2020 Masters Choose Your Own Adventure, Rory McIlroy vs. Brooks Koepka: Exorcising the Demons
Streeter Lecka/Getty Images. Pictured: Brooks Koepka, Rory McIlroy
Unbelievable! He hooks it into the cabins yet again!!
It’s hard to imagine a worse golf shot from top-level professional – and even harder to imagine a better result. Not that McIlroy’s hooked tee shot on the 10th hole when leading the 2011 Masters produced a great immediate result – he made triple-bogey and would shoot 80 that day, later admitting he cried while speaking to his mother afterward – but it was almost like he needed to lose a big one in order to win, as he’d lap the field at the U.S. Open two months later.
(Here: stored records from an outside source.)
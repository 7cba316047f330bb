-- ===== src/Compress/Order.antt =====
-- What the goroutines of the parallel writer keep true together, in every order of their moves.
use db_backup.Base.{
  ℕ, ◌≡◌, refl, sym, ◌∙◌, subst, Bool, List, [], ◌∷◌, ◌++◌, Option, Bytes, length, All, All-append,
  arith, ◌⊎◌, inl, inr,
}
use db_backup.Compress.Collector.{ChunkResult, Collector, new_collector, find_buf, collect}
use db_backup.Compress.Settle.{IsSound, collect-IsSound}
use db_backup.Compress.Arrive.{
  IsSettled, Arrived, collect-Arrived, collect-Arrived_self, collect-IsSettled,
}
use db_backup.Compress.Workers.{
  Phase, unborn, waiting, encoding, ready, sent, Pipeline, outcome, Move, acquire, release, send,
  Next, submits, moves, receives, Reached, start, step, all_unborn,
}
use db_backup.Compress.Counts.{
  encoders, encoders-append, encoders-all_unborn, IsCounted, move-IsCounted, Fates,
  Fates-all_unborn, Fates-map, Fates-swap, Queued, Queued-more, Queued-last,
}

module _ (threads : ℕ) (e : ℕ → Option Bytes) (accepts : List Bytes → Bytes → Bool) where
  -- The result of a goroutine that has sent it is under way or has arrived.
  abbrev pub Delivered : List ChunkResult → Collector → ℕ → Type 0
  Delivered c col k = Queued k c ⊎ Arrived k col

  pub record Inv (s : Pipeline) : Type 0 where
    pub counted : IsCounted threads s.slots s.workers
    pub sound : IsSound e s.collector
    pub settled : IsSettled s.collector
    pub honest : All (λ r. e r.seq ≡ r.buf) s.results
    pub delivered : Fates (Delivered s.results s.collector) 0 s.workers

  Delivered-more :
      (c d : List ChunkResult) (col : Collector) (k : ℕ)
      → Delivered c col k
      → Delivered (c ++ d) col k
  Delivered-more c d col k (inl q) = inl (Queued-more k c d q)
  Delivered-more c d col k (inr a) = inr a

  Delivered-collect :
      (r : ChunkResult) (c : List ChunkResult) (col : Collector) (k : ℕ)
      → Delivered (r ∷ c) col k
      → Delivered c (collect accepts col r) k
  Delivered-collect r c col k (inl (inl q)) =
      inr (subst (λ i. Arrived i (collect accepts col r)) q (collect-Arrived_self accepts col r))
  Delivered-collect r c col k (inl (inr q)) = inl q
  Delivered-collect r c col k (inr a) = inr (collect-Arrived accepts col r k a)

  move-honest :
      (seq n m : ℕ) (c d : List ChunkResult) (p q : Phase)
      → Move threads seq (e seq) p n c q m d
      → All (λ r. e r.seq ≡ r.buf) c
      → All (λ r. e r.seq ≡ r.buf) d
  move-honest seq n m c d p q (acquire _ _ h) a = a
  move-honest seq n m c d p q (release _ _) a = a
  move-honest seq n m c d p q (send _ _ h) a = All-append (λ r. e r.seq ≡ r.buf) c _ a (refl, tt)

  move-Delivered :
      (seq n m : ℕ) (c d : List ChunkResult) (col : Collector) (before after : List Phase)
      (p q : Phase)
      → seq ≡ length before
      → Move threads seq (e seq) p n c q m d
      → Fates (Delivered c col) 0 (before ++ p ∷ after)
      → Fates (Delivered d col) 0 (before ++ q ∷ after)
  move-Delivered seq n m c d col before after p q l (acquire _ _ h) f =
      Fates-swap (Delivered c col) before after waiting encoding 0 tt f
  move-Delivered seq n m c d col before after p q l (release _ _) f =
      Fates-swap (Delivered c col) before after encoding ready 0 tt f
  move-Delivered seq n m c d col before after p q l (send _ _ h) f =
      Fates-swap (Delivered (c ++ record { seq = seq; buf = e seq } ∷ []) col) before after ready
        sent 0
        (subst (Delivered (c ++ record { seq = seq; buf = e seq } ∷ []) col) (l ∙ omega arith)
          (inl (Queued-last c (record { seq = seq; buf = e seq }))))
        (Fates-map (Delivered c col) _ (before ++ ready ∷ after) 0 (Delivered-more c _ col) f)

  Next-Inv : (s t : Pipeline) → Next threads e accepts s t → Inv s → Inv t
  unfolding encoders
  Next-Inv s t (submits n c col before after h) i = record {
    counted = (
      omega (
        arith,
        i.counted.0,
        encoders-append before (unborn ∷ after),
        encoders-append before (waiting ∷ after),
      ),
      i.counted.1,
    );
    sound = i.sound;
    settled = i.settled;
    honest = i.honest;
    delivered = Fates-swap (Delivered c col) before after unborn waiting 0 tt i.delivered;
  }
  Next-Inv s t (moves n m c d col before after p q mv) i = record {
    counted =
        move-IsCounted threads (length before) n m (e (length before)) c d before after p q mv
          i.counted;
    sound = i.sound;
    settled = i.settled;
    honest = move-honest (length before) n m c d p q mv i.honest;
    delivered = move-Delivered (length before) n m c d col before after p q refl mv i.delivered;
  }
  Next-Inv s t (receives n r c col ps) i = record {
    counted = i.counted;
    sound = collect-IsSound e accepts col r i.sound i.honest.0;
    settled = collect-IsSettled accepts col r i.settled;
    honest = i.honest.1;
    delivered = Fates-map (Delivered (r ∷ c) col) _ ps 0 (Delivered-collect r c col) i.delivered;
  }

start-Inv :
    (threads : ℕ) (e : ℕ → Option Bytes) (accepts : List Bytes → Bytes → Bool) (segs : List Bytes)
    → Inv threads e accepts
        (record { slots = 0; results = []; workers = all_unborn segs; collector = new_collector })
unfolding find_buf
start-Inv threads e accepts segs = record {
  counted = (sym (encoders-all_unborn segs), omega arith);
  sound = record { counted = refl; encoded = tt; waiting = tt };
  settled = inr refl;
  honest = tt;
  delivered = Fates-all_unborn _ segs 0;
}

pub reached-Inv :
    (threads : ℕ) (encode : Bytes → Option Bytes) (accepts : List Bytes → Bytes → Bool)
    (segs : List Bytes) (s : Pipeline)
    → Reached threads encode accepts segs s
    → Inv threads (outcome encode segs) accepts s
reached-Inv threads encode accepts segs s start =
    start-Inv threads (outcome encode segs) accepts segs
reached-Inv threads encode accepts segs s (step r _ before n) =
    Next-Inv threads (outcome encode segs) accepts r s n
      (reached-Inv threads encode accepts segs r before)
Now, though, he’s the best player in the world. A four-time major champion. A few weeks shy of his 31st birthday, those days of moral victories and life lessons are seemingly over. He doesn’t need to hook one into the trees to realize how to win later.
And yet, there it is. Again.
Depending on whom you ask, McIlroy’s tee shot nine years ago went 75 or 100 or 125 yards – a bit less than his average driving distance of 320.2 this season. Whatever yardage that was, this one was exactly the same.
You’ve never heard a sound like it in your life – not the ball ricocheting through the trees or landing near those damned cabins again, but the take-your-breath-away gasp of some 5,000 people lining the hole, all at once. All of those patrons who were whispering the word “cabins” minutes earlier are now holding a hand over their mouths, dumbfounded over this development.
“I didn’t think that… I mean… they’re way over there…” one college-aged kid tries to tell his buddies, his voice drifting into the ether.
Rory can’t believe it, either. As he stands on the tee box for a few extra seconds, staring at where his ball landed, it’s as if he’s already adding up which is worse: Blowing the Masters in the same fashion again or having to deal with all the questions about blowing the Masters in the same fashion again.
Finally, he gently slams his driver twice to the turf and begins walking in that direction for what will become one of the most anticipated shots of his entire career.
It’s one we’ll be talking about for a long time.
With Rory barely even visible through those trees, you see a white dot squirt from amongst them, hit the fairway and take off like a frisbee skipped on pavement. This is the recovery shot he needed nine years ago, the one he couldn’t pull off, the one he’s dreamed of having back.
Still some 100 yard short of the green, McIlroy sticks a wedge shot to 8 feet and drops the critical par putt.
From there, it’s as if a weight has been lifted from his shoulders.
He plays the next eight holes coolly and calmly, like he knew the toughest part was already over.
The demon had been exorcised. Rory went back to the scene of his one-time demise and righted his previous wrong. He played those next eight holes in 4-under – six pars and eagles on each of the par-5s – and cruised home to the Masters title that had eluded him for so long.
Afterward, while sitting in Butler Cabin and reminiscing about the shot, he points to a hypothetical spot that would be just outside the building and calls it his favorite place on the golf course. Instead of tears, he finishes this one with a laugh.